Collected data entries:
++++

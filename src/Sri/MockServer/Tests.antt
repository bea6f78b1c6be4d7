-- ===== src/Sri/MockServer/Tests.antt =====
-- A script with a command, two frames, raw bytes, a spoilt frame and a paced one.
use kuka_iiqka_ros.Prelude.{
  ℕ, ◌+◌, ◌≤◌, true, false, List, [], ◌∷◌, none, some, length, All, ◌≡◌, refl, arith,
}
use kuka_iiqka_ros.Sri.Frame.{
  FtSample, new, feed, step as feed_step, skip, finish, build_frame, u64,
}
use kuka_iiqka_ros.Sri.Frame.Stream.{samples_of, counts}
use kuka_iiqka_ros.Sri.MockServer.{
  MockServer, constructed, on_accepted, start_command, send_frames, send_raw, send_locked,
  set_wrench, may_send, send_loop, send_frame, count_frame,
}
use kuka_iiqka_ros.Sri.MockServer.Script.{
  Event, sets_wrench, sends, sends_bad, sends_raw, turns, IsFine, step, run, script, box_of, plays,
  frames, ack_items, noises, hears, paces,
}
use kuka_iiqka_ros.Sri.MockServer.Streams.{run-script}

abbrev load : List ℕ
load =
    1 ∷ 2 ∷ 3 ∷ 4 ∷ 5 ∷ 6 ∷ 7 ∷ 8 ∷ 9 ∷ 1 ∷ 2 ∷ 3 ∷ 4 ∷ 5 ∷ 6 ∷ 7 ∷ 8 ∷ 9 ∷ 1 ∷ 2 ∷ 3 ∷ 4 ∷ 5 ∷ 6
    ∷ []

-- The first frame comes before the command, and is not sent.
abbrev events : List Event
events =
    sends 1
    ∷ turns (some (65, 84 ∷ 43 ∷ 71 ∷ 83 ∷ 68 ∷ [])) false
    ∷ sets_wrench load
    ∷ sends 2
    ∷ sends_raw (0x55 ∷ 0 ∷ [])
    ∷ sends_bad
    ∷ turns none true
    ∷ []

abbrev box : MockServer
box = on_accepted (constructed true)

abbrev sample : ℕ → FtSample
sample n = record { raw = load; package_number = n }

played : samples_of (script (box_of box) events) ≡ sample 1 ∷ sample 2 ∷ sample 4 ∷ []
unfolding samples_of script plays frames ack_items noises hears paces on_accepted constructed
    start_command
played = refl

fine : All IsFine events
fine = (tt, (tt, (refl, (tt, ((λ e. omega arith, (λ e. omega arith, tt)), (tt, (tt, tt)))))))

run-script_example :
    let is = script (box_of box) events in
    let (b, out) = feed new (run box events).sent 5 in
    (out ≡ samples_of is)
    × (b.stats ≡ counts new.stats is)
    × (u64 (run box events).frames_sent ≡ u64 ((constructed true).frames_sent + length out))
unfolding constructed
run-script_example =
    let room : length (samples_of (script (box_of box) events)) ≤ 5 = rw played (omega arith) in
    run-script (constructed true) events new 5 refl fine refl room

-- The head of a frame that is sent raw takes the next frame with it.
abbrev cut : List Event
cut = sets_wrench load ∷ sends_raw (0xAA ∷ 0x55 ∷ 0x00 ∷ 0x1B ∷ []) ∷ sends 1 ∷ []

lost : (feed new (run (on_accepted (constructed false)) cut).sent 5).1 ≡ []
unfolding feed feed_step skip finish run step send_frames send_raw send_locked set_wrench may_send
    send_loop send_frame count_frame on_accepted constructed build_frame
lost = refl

++++

(Problem description)
Once you reach the line that contains "lost : (feed", print it and every line after it exactly as written, stopping at the last line of the records and adding nothing.

(Response box)
lost : (feed new (run (on_accepted (constructed false)) cut).sent 5).1 ≡ []
unfolding feed feed_step skip finish run step send_frames send_raw send_locked set_wrench may_send
    send_loop send_frame count_frame on_accepted constructed build_frame
lost = refl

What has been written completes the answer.